I have a couple of smaller puppies, with one in particular I am concerned about. The smallest puppy was born very weak. She kept getting pushed away, and she didn’t have the strength to try to nurse even with my help. She was dehydrated and fading quickly. Even in just two hours, she was becoming weaker, so I made an emergency trip to get Nurti-stat from a friend, a high-calorie liquid supplement. I gave her a small dose around 10pm, and she was soon able to nurse a bit. It was very weak, but it was better than not at all. By the time I gave her the next dose at 11pm, I could already tell a difference. Her body was warm, and her skin no longer looked dehydrated. Her sucking was significantly stronger. We will see what the next day or two holds for her. Runts in a large litter like this often struggle to survive.

This is one of those instances where intervention is necessary. I’ll be bottle feeding her and continuing with the Nutri-stat, but I am currently leaving her with Duchess and her littermates. I don’t want to bottle feed her full time. My goal is to give enough supplementation to give her the strength to nurse. Mama’s milk, especially the colostrum produced in the first 24 hours, is the best thing for puppy. Colostrum is what gives puppies immunity from diseases like parvo until the puppies’ own immune systems are developed. No other supplement or milk replacer can come close to mama’s milk. Even if this puppy only nurses half of the time, she is still getting some beneficial immunities from Duchess’s milk.

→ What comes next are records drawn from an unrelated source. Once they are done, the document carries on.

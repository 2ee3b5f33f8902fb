-- ===== src/Mux/Reuse.antt =====
-- mux.go: a key that is used again while the `Request` that had it is about to return.
use isopace.Common.{ℕ, ◌≡◌, refl, ap, none, some, [], ◌∷◌, ◌++◌, Bytes, ok}
use isopace.Common.Tables.{assign_key, assign, assign_key_same}
use isopace.Mux.Steps.{
  Config, Mux, idle, active, sending, waiting, leaving, returned, delivering, receiving, new_mux,
  register, sent, finish, response_key, deliver_unsolicited, handler_of, dispatch, put_frame,
  HasRoom, Step, call, write, answer, leave, receive, deliver, Run, here, next,
}
use mathlib.Core.Path.{subst}

module _ {C : Type 0} (cfg : Config C) where
  pub register_step :
      (m : Mux C) (i : ℕ) (req k : Bytes)
      → m.calls i ≡ idle
      → cfg.key req ≡ ok k
      → m.pending k ≡ none
      → Step cfg m (record m {
        pending = assign_key m.pending k (some i);
        calls = assign m.calls i (active req k none sending);
      })
  unfolding register
  register_step m i req k p q d = subst (Step cfg m) (simp (register, q, d)) (call i req p)

  pub hand_over_step :
      (m : Mux C) (i : ℕ) (msg k : Bytes)
      → m.reader ≡ receiving
      → response_key cfg msg ≡ ok k
      → m.pending k ≡ some i
      → Step cfg m (record m { pending = assign_key m.pending k none; reader = delivering i msg })
  unfolding dispatch
  hand_over_step m i msg k p q d = subst (Step cfg m) (simp (dispatch, q, d)) (receive msg p)

  pub unmatched_step :
      (m : Mux C) (msg k : Bytes)
      → m.reader ≡ receiving
      → response_key cfg msg ≡ ok k
      → m.pending k ≡ none
      → Step cfg m (record m { handled = m.handled ++ ((handler_of cfg, msg) ∷ []) })
  unfolding dispatch deliver_unsolicited
  unmatched_step m msg k p q d = subst (Step cfg m) (simp (dispatch, q, d)) (receive msg p)

  module _ (a b f g k : Bytes) (ka : cfg.key a ≡ ok k) (kb : cfg.key b ≡ ok k)
      (kf : response_key cfg f ≡ ok k) (kg : response_key cfg g ≡ ok k) where
    -- The first request has its answer in hand, and has not deleted its entry yet.
    answered :
        (m : Mux C) × Run cfg new_mux m
        × (m.pending k ≡ none)
        × (m.reader ≡ receiving)
        × (m.calls 1 ≡ active a k none (leaving (ok f)))
        × (m.calls 2 ≡ idle)
        × (m.handled ≡ [])
    unfolding sent put_frame HasRoom
    answered =
        let r1 = next here (register_step new_mux 1 a k refl ka refl) in
        let r2 = next r1 (write 1 none refl) in
        let r3 =
          next r2 (hand_over_step _ 1 f k refl kf (assign_key_same (λ _. none) k (some 1))) in
        let r4 = next r3 (deliver 1 refl tt) in
        let r5 = next r4 (answer 1 refl) in
        (_, r5, assign_key_same (assign_key (λ _. none) k (some 1)) k none, refl, refl, refl, refl)

    -- Two requests with one key, of which the second is made when the first has its answer and has not
    -- run its deferred `delete` yet: the table can be reached in which the entry of the key is the
    -- second one's, that waits. There the `delete` of the first is its next step, which takes that
    -- entry away; and after it the answer of the second goes to the handler of unsolicited frames,
    -- while the second still waits and the table has no entry for it.
    pub reused_key_unanswered :
        (m : Mux C) × Run cfg new_mux m
        × (m.calls 1 ≡ active a k none (leaving (ok f)))
        × (m.calls 2 ≡ active b k none waiting)
        × (m.pending k ≡ some 2)
        × (let left : Mux C = finish 1 k m (active a k none (returned (ok f))) in
            Step cfg m left
            × (left.pending k ≡ none)
            × (left.calls 2 ≡ active b k none waiting)
            × ((n : Mux C) × Step cfg left n
                × (n.calls 2 ≡ active b k none waiting)
                × (n.handled ≡ (handler_of cfg, g) ∷ [])
                × (n.pending k ≡ none)))
    unfolding sent finish
    reused_key_unanswered =
        let (m, r, free, ready, first, second, quiet) = answered in
        let r1 = next r (register_step m 2 b k second kb free) in
        let r2 = next r1 (write 2 none refl) in
        let gone = assign_key_same (assign_key m.pending k (some 2)) k none in
        (
          _,
          r2,
          first,
          refl,
          assign_key_same m.pending k (some 2),
          (
            leave 1 first,
            gone,
            refl,
            (
              _,
              unmatched_step _ g k ready kg gone,
              refl,
              ap (λ x. x ++ ((handler_of cfg, g) ∷ [])) quiet,
              gone,
            ),
          ),
        )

This is what breeding and raising puppies looks like. I am currently minus nearly two nights of sleep. I’ll be spending majority of the next few days hand-raising a weak puppy and weighing and monitoring the others. I’ll be carefully observing Duchess and tracking her temperature to make sure she recovers well. Breeding is not an easy business, but it’s definitely a rewarding one. I know there are a lot of people out there who criticize breeders, thinking that they only care about money. I really wish those critics could see behind the scenes. I know there are some bad breeders out there who do view their dogs and puppies only as a money source; but most of us really do care. Our dogs are our family. We pour an immeasurable amount of time and tears into each dog and each puppy. We lose sleep and sometimes sanity in an effort to help a puppy pull through. We spend hours each day caring for the daily needs of our adult dogs. We are always searching for ways to make our dogs happier and healthier. We are rewarded by the love of our dogs, by the warm snuggles of a puppy, and the by the happiness of the families who take our puppies. Yes, we depend on the income from our puppies to help support our own families, but it’s so much more than that. It’s a demanding job, but I love every step of way.

Here are some pictures from yesterday.


Duchess getting ready. She insisted on carrying around the stuffed puppy and having it in her nest.


First puppy!


Trying to help the runt nurse



All the babies! Can you count ten?


A very tired mama getting some well-deserved rest


That’s all for today, folks! I’ll post an update on the puppies in a few days! Have a happy week!